3: Goes into detail on what I see as the main arguments for a fast intelligence explosion, constituting the bulk of the paper with the following subsections:

  • 3.1: What the fossil record actually tells us about returns on brain size, given that most of the difference between Homo sapiens and Australopithecus was probably improved software.

  • 3.2: How to divide credit for the human-chimpanzee performance gap between “humans are individually smarter than chimpanzees” and “the hominid transition involved a one-time qualitative gain from being able to accumulate knowledge”.

  • 3.3: How returns on speed (serial causal depth) contrast with returns from parallelism; how faster thought seems to contrast with more thought. Whether sensing and manipulating technologies are likely to present a bottleneck for faster thinkers, or how large of a bottleneck.

  • 3.4: How human populations seem to scale in problem-solving power; some reasons to believe that we scale inefficiently enough for it to be puzzling.

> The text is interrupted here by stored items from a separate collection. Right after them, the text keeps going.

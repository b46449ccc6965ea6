-- ===== src/Logger/Lifecycle/Growth.antt =====
-- logger/lifecycle.go and logger/handler.go: what the operations of the logger package never take back.
use go_library.Prelude.{
  ℕ, ◌≤◌, ◌≡◌, refl, sym, ap, ◌∙◌, String, true, false, Bool-cases, Option-cases, inl, inr, Option,
  some, none, List, [], ◌∷◌, ◌++◌, append-nil, append_assoc, get_elem?, set, get_elem?-append_left,
  get_elem?-set_self, get_elem?-set_ne, ◌==◌, string_eq, arith,
}
use native.Mathlib.Decide.{ℕ_discrete}
use go_library.Runtime.{Runtime}
use go_library.Logger.Value.{Attr, StageRecord}
use go_library.Logger.Level.{Level}
use go_library.Logger.State.{Logger, Lifecycle, World, Line, now, alloc}
use go_library.Logger.Context.{Context, request_id, ensure_request_id}
use go_library.Logger.Handler.{enabled, log}
use go_library.Logger.Handler.Effects.{line_of, log_enabled, log_disabled}
use go_library.Logger.Lifecycle.{start_request, stage, add_stage, stage_at, finish, end_open}

-- What becomes of a trace: its name, its start and its logger stay, stages are only added behind the
-- others, and the end is final.
pub record Kept (lc lc' : Lifecycle) : Type 0 where
  pub name : lc'.name ≡ lc.name
  pub start : lc'.start ≡ lc.start
  pub same_log : lc'.log ≡ lc.log
  pub more : List StageRecord
  pub stages_kept : lc'.stage_list ≡ lc.stage_list ++ more
  pub over : lc.ended ≡ true → lc'.ended ≡ true

Kept-refl : (lc : Lifecycle) → Kept lc lc
Kept-refl lc = record {
  name = refl;
  start = refl;
  same_log = refl;
  more = [];
  stages_kept = sym (append-nil lc.stage_list);
  over = λ h. h;
}

Kept-trans : {a b c : Lifecycle} → Kept a b → Kept b c → Kept a c
Kept-trans {a} x y = record {
  name = y.name ∙ x.name;
  start = y.start ∙ x.start;
  same_log = y.same_log ∙ x.same_log;
  more = x.more ++ y.more;
  stages_kept =
      y.stages_kept ∙ ap (λ l. l ++ y.more) x.stages_kept ∙ append_assoc a.stage_list x.more y.more;
  over = λ h. y.over (x.over h);
}

-- What becomes of the world: lines are only added behind the others, every trace is kept, the clock is
-- read and ids are drawn, and the cold start is over once.
pub record Grows (w w' : World) : Type 0 where
  pub added : List Line
  pub lines : w'.lines ≡ w.lines ++ added
  pub traces :
      (p : ℕ) (lc : Lifecycle)
      → get_elem? w.lifecycles p ≡ some lc
      → (lc' : Lifecycle) × (get_elem? w'.lifecycles p ≡ some lc') × Kept lc lc'
  pub reads : w.clock_reads ≤ w'.clock_reads
  pub ids : w.ids_made ≤ w'.ids_made
  pub warm : w.cold_start ≡ false → w'.cold_start ≡ false
  pub process : w'.process_start ≡ w.process_start

pub Grows-trans : {u v w : World} → Grows u v → Grows v w → Grows u w
Grows-trans {u} a b = record {
  added = a.added ++ b.added;
  lines = b.lines ∙ ap (λ l. l ++ b.added) a.lines ∙ append_assoc u.lines a.added b.added;
  traces = λ p lc found.
      let (lc1, found1, kept1) = a.traces p lc found in
      let (lc2, found2, kept2) = b.traces p lc1 found1 in (lc2, found2, Kept-trans kept1 kept2);
  reads = omega (arith, a.reads, b.reads);
  ids = omega (arith, a.ids, b.ids);
  warm = λ h. b.warm (a.warm h);
  process = b.process ∙ a.process;
}

-- No line is written and no trace is touched.
pub Grows-still :
    {w w' : World}
    → w'.lines ≡ w.lines
    → w'.lifecycles ≡ w.lifecycles
    → w.clock_reads ≤ w'.clock_reads
    → w.ids_made ≤ w'.ids_made
    → (w.cold_start ≡ false → w'.cold_start ≡ false)
    → w'.process_start ≡ w.process_start
    → Grows w w'
Grows-still {w} lines same reads ids warm process = record {
  added = [];
  lines = lines ∙ sym (append-nil w.lines);
  traces = λ p lc found. (lc, ap (λ l. get_elem? l p) same ∙ found, Kept-refl lc);
  reads = reads;
  ids = ids;
  warm = warm;
  process = process;
}

pub Grows-refl : (w : World) → Grows w w
Grows-refl w = Grows-still refl refl (omega arith) (omega arith) (λ h. h) refl

-- A trace is replaced by one that keeps it.
set-Grows :
    (q : ℕ) (lc lc' : Lifecycle) (w : World)
    → get_elem? w.lifecycles q ≡ some lc
    → Kept lc lc'
    → Grows w (record w { lifecycles = set w.lifecycles q lc' })
set-Grows q lc lc' w e k = record {
  added = [];
  lines = sym (append-nil w.lines);
  traces = λ p x found. elim (ℕ_discrete q p) [
    | yes same ↦
        let at_q : get_elem? w.lifecycles q ≡ some x = rw same found in
        let is_x : lc ≡ x = cc (e, at_q) in
        (lc', rw (← same) (get_elem?-set_self w.lifecycles q lc' e), rw (← is_x) k)
    | no ne ↦ (x, get_elem?-set_ne w.lifecycles q p lc' ne ∙ found, Kept-refl x)
  ];
  reads = omega arith;
  ids = omega arith;
  warm = λ h. h;
  process = refl;
}

append-Grows :
    (lc : Lifecycle) (w : World) → Grows w (record w { lifecycles = w.lifecycles ++ lc ∷ [] })
append-Grows lc w = record {
  added = [];
  lines = sym (append-nil w.lines);
  traces = λ p x found. (x, get_elem?-append_left w.lifecycles (lc ∷ []) p found, Kept-refl x);
  reads = omega arith;
  ids = omega arith;
  warm = λ h. h;
  process = refl;
}

module _ (rt : Runtime) where
  pub now-Grows : (w : World) → Grows w (now rt w).1
  unfolding now
  now-Grows w = Grows-still refl refl (omega arith) (omega arith) (λ h. h) refl

  pub ensure_request_id-Grows : (ctx : Context) (w : World) → Grows w (ensure_request_id rt ctx w).1
  unfolding ensure_request_id
  ensure_request_id-Grows ctx w = elim (Bool-cases (request_id ctx == "")) [
    | inl e ↦
        rw (e, ensure_request_id) (Grows-still refl refl (omega arith) (omega arith) (λ h. h) refl)
    | inr e ↦ rw (e, ensure_request_id) (Grows-refl w)
  ]

  pub log-Grows :
      (l : Logger) (level : Level) (ctx : Context) (msg : String) (args : List Attr) (w : World)
      → Grows w (log rt l level ctx msg args w).1
  log-Grows l level ctx msg args w = elim (Bool-cases (enabled rt l.handler w level)) [
    | inl on ↦ rw (log_enabled rt l level ctx msg args w on) (record {
      added =
          line_of rt l.handler ctx
            (record { time = rt.clock w.clock_reads; level = level; message = msg; attrs = args })
          ∷ [];
      lines = refl;
      traces = λ p lc found. (lc, found, Kept-refl lc);
      reads = omega arith;
      ids = omega arith;
      warm = λ h. h;
      process = refl;
    })
    | inr off ↦ rw (log_disabled rt l level ctx msg args w off) (Grows-refl w)
  ]

  add_stage-Kept : (lc : Lifecycle) (name : String) (t : ℕ) → Kept lc (add_stage rt lc name t)
  unfolding add_stage
  add_stage-Kept lc name t = record {
    name = refl;
    start = refl;
    same_log = refl;
    more = _;
    stages_kept = refl;
    over = λ h. h;
  }

  ended-Kept : (lc : Lifecycle) → Kept lc (record lc { ended = true })
  ended-Kept lc = record {
    name = refl;
    start = refl;
    same_log = refl;
    more = [];
    stages_kept = sym (append-nil lc.stage_list);
    over = λ h. refl;
  }

  pub stage-Grows :
      (p : Option ℕ) (ctx : Context) (name : String) (attrs : List Attr) (w : World)
      → Grows w (stage rt p ctx name attrs w).1
  unfolding stage stage_at now
  stage-Grows none ctx name attrs w = Grows-refl w
  stage-Grows (some p) ctx name attrs w = elim (Option-cases (get_elem? w.lifecycles p)) [
    | inl e ↦ rw (e, stage) (Grows-refl w)
    | inr (lc, e) ↦
        let lc' = add_stage rt lc name (rt.clock w.clock_reads) in
        rw (e, stage)
          (Grows-trans (now-Grows w) (
            Grows-trans (set-Grows p lc lc' _ e (add_stage-Kept lc name _))
              (log-Grows _ _ _ _ _ _)))
  ]

  pub finish-Grows :
      (p : Option ℕ) (ctx : Context) (attrs : List Attr) (w : World)
      → Grows w (finish rt p ctx attrs w).1
  unfolding finish end_open
  finish-Grows none ctx attrs w = Grows-refl w
  finish-Grows (some p) ctx attrs w = elim (Option-cases (get_elem? w.lifecycles p)) [
    | inl e ↦ rw (e, finish) (Grows-refl w)
    | inr (lc, e) ↦ elim (Bool-cases lc.ended) [
      | inl over ↦ rw (e, finish, over) (Grows-refl w)
      | inr open_ ↦
          rw (e, finish, open_)
            (Grows-trans (set-Grows p lc (record lc { ended = true }) w e (ended-Kept lc)) (
              Grows-trans (Grows-still refl refl (omega arith) (omega arith) (λ h. refl) refl)
                (log-Grows _ _ _ _ _ _)))
    ]
  ]

  pub start_request-Grows :
      (l : Logger) (ctx : Context) (name : String) (attrs : List Attr) (w : World)
      → Grows w (start_request rt l ctx name attrs w).1
  unfolding start_request now alloc
  start_request-Grows l ctx name attrs w =
      Grows-trans (ensure_request_id-Grows ctx w)
        (Grows-trans (now-Grows _) (Grows-trans (append-Grows _ _) (log-Grows _ _ _ _ _ _)))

Garry Kasparov’s chess match vs. The World, which Kasparov won.

  • 3.5: Some inefficiencies that might cumulate in an estimate of humanity’s net computational efficiency on a cognitive problem.

  • 3.6: What the anthropological record actually tells us about cognitive returns on cumulative selection pressure, given that selection pressures were probably increasing over the course of hominid history. How the observed history would be expected to look different, if there were in fact diminishing returns on cognition.

  • 3.7: How to relate the curves for evolutionary difficulty, human-engineering difficulty, and AI-engineering difficulty, considering that they are almost certainly different.

  • 3.8: Correcting for anthropic bias in trying to estimate the intrinsic ‘difficulty ’of hominid-level intelligence just from observing that intelligence evolved here on Earth.

  • 3.9: The question of whether to expect a ‘local’ (one-project) FOOM or ‘global’ (whole economy) FOOM and how returns on cognitive reinvestment interact with that.

  • 3.10: The great open uncertainty about the minimal conditions for starting a FOOM; why I. J. Good’s postulate of starting from ‘ultraintelligence’ is probably much too strong (sufficient, but very far above what is necessary).

  • 3.11: The enhanced probability of unknown unknowns in the scenario, since a smarter-than-human intelligence will selectively seek out and exploit flaws or gaps in our current knowledge.

4: A tentative methodology for formalizing theories of the intelligence explosion—a project of formalizing possible microfoundations and explicitly stating their alleged relation to historical experience, such that some possibilities can allegedly be falsified.

5: Which open sub-questions seem both high-value and possibly answerable.

6: Formally poses the Open Problem and mentions what it would take for MIRI itself to directly fund further work in this field.